(Items from a data source)
----
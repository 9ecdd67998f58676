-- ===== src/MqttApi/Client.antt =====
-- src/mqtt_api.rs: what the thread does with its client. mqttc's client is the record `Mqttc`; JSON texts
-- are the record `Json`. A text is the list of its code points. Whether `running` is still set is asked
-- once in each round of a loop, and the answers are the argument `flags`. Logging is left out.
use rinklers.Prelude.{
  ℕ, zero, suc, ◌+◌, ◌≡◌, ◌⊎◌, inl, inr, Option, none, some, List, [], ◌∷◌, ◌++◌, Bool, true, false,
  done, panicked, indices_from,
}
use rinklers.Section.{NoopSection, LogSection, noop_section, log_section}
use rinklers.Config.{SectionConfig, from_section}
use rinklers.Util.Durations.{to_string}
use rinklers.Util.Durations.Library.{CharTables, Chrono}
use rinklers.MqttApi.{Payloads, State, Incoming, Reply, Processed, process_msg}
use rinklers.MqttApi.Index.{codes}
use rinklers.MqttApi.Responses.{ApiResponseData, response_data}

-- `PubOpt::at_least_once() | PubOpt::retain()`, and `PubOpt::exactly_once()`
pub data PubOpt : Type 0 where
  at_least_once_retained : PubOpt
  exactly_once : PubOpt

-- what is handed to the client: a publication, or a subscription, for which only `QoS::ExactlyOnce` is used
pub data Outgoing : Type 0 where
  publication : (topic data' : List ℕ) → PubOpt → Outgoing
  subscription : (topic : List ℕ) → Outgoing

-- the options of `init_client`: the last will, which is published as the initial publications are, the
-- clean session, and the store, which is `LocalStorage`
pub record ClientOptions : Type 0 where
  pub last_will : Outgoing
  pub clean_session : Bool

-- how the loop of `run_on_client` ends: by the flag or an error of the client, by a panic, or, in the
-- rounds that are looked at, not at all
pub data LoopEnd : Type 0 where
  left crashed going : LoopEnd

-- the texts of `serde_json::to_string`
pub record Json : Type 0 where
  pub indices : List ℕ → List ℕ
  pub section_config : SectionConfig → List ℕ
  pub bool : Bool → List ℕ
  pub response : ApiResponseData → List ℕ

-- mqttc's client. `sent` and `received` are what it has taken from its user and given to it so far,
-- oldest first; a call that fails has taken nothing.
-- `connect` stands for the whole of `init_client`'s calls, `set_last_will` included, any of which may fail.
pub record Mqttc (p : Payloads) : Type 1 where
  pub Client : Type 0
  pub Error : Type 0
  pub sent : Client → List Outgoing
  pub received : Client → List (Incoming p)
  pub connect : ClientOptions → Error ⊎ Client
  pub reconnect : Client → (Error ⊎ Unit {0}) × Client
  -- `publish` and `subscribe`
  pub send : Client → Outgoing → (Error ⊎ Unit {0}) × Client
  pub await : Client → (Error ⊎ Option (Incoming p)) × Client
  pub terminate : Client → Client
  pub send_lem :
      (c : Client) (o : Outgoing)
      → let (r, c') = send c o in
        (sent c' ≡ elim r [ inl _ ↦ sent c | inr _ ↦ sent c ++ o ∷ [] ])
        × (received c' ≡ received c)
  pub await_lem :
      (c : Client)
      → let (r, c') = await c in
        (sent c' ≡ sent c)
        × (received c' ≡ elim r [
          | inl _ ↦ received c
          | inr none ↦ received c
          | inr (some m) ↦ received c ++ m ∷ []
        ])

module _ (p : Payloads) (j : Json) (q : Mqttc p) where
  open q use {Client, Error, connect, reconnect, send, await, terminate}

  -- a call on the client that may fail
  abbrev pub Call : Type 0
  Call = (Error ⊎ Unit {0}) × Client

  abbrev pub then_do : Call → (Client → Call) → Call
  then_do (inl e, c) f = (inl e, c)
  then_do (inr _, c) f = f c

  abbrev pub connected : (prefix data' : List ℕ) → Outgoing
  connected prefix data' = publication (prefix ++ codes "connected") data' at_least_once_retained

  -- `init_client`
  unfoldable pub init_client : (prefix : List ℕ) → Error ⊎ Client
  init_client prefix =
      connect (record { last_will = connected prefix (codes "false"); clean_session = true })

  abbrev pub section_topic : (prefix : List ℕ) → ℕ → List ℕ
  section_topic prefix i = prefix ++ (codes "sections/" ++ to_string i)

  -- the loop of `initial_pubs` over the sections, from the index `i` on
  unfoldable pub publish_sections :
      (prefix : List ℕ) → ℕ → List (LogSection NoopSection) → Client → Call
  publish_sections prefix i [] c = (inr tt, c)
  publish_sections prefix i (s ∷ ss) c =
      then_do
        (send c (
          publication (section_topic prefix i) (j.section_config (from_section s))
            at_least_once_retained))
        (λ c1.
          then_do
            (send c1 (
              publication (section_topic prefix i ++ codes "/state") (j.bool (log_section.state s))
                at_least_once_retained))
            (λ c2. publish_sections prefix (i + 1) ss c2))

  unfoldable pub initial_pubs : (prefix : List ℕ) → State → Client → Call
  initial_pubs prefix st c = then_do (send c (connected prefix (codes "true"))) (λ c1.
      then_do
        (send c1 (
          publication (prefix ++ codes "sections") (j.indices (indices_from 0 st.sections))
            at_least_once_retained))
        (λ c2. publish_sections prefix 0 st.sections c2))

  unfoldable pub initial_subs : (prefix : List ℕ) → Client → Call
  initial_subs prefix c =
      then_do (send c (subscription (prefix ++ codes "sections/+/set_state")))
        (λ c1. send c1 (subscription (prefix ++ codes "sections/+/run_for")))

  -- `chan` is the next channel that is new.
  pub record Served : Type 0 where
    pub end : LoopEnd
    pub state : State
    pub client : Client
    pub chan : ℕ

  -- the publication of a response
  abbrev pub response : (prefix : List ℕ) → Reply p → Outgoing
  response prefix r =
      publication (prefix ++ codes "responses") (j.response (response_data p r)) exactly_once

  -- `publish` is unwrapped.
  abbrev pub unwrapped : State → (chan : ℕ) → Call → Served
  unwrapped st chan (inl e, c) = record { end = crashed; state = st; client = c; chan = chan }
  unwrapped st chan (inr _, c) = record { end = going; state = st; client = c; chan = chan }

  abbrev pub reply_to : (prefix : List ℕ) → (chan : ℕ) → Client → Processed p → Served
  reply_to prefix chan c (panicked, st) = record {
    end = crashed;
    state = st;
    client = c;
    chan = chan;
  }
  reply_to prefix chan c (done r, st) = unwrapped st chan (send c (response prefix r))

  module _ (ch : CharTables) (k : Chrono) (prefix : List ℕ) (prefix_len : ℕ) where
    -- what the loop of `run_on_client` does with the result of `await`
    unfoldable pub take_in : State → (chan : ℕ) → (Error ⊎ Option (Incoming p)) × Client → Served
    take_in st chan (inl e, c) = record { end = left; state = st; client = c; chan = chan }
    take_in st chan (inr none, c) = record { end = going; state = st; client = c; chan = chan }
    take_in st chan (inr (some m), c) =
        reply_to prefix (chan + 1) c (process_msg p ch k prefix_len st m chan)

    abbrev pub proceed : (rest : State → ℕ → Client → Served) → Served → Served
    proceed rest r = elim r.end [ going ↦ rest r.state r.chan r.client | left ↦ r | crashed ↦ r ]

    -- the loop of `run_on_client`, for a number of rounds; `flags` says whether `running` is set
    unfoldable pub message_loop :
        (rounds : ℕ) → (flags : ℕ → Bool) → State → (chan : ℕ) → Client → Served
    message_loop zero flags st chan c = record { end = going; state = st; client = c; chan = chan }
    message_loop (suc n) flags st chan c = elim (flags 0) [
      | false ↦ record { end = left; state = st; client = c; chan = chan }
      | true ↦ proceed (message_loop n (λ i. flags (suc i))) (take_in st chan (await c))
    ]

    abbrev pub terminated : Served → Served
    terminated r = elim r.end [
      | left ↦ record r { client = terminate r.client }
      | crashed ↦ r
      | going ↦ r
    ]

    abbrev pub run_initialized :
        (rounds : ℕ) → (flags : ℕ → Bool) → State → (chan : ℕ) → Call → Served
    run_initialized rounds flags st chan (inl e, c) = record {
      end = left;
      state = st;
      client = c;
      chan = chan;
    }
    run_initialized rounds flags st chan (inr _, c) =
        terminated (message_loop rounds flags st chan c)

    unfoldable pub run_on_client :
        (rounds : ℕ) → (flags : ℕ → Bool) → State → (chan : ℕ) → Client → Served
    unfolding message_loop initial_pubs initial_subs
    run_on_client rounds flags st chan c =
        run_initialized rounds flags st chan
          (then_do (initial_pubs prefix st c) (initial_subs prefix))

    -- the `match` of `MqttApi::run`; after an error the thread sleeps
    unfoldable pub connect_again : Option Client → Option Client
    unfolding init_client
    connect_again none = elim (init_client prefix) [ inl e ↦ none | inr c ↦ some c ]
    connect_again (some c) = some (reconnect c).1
----
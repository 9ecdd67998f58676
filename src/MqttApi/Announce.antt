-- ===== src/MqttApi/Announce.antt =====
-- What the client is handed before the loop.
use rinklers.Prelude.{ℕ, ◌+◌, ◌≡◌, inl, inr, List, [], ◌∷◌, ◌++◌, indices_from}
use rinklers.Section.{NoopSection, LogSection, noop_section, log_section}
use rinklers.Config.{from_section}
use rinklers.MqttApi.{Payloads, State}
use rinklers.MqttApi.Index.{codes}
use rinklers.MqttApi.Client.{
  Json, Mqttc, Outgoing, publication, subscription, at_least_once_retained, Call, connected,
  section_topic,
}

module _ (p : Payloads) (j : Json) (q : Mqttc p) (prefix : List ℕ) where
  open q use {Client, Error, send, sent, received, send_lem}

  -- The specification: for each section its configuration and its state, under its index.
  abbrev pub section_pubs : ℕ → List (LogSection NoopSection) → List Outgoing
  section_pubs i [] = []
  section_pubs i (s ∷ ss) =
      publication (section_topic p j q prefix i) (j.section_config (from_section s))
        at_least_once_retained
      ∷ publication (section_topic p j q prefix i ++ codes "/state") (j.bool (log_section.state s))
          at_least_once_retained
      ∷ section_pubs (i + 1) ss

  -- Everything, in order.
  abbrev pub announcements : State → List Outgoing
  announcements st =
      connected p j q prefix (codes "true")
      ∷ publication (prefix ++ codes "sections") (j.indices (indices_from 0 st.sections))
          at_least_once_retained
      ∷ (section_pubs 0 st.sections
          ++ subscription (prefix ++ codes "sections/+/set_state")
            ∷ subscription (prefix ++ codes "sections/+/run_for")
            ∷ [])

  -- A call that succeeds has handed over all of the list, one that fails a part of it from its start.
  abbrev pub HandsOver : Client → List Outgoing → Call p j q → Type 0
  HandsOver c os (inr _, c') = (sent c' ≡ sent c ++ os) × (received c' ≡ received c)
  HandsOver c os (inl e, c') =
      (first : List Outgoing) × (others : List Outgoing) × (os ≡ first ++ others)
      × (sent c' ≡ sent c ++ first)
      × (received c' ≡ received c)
----
_TASK REQUIREMENTS_.
Output only an exact transcription of the lines above from the one with "module _ (ch" up to and including the one with "take_in st chan (inl".

_RESPONSE BOX_.
  module _ (ch : CharTables) (k : Chrono) (prefix : List ℕ) (prefix_len : ℕ) where
    -- what the loop of `run_on_client` does with the result of `await`
    unfoldable pub take_in : State → (chan : ℕ) → (Error ⊎ Option (Incoming p)) × Client → Served
    take_in st chan (inl e, c) = record { end = left; state = st; client = c; chan = chan }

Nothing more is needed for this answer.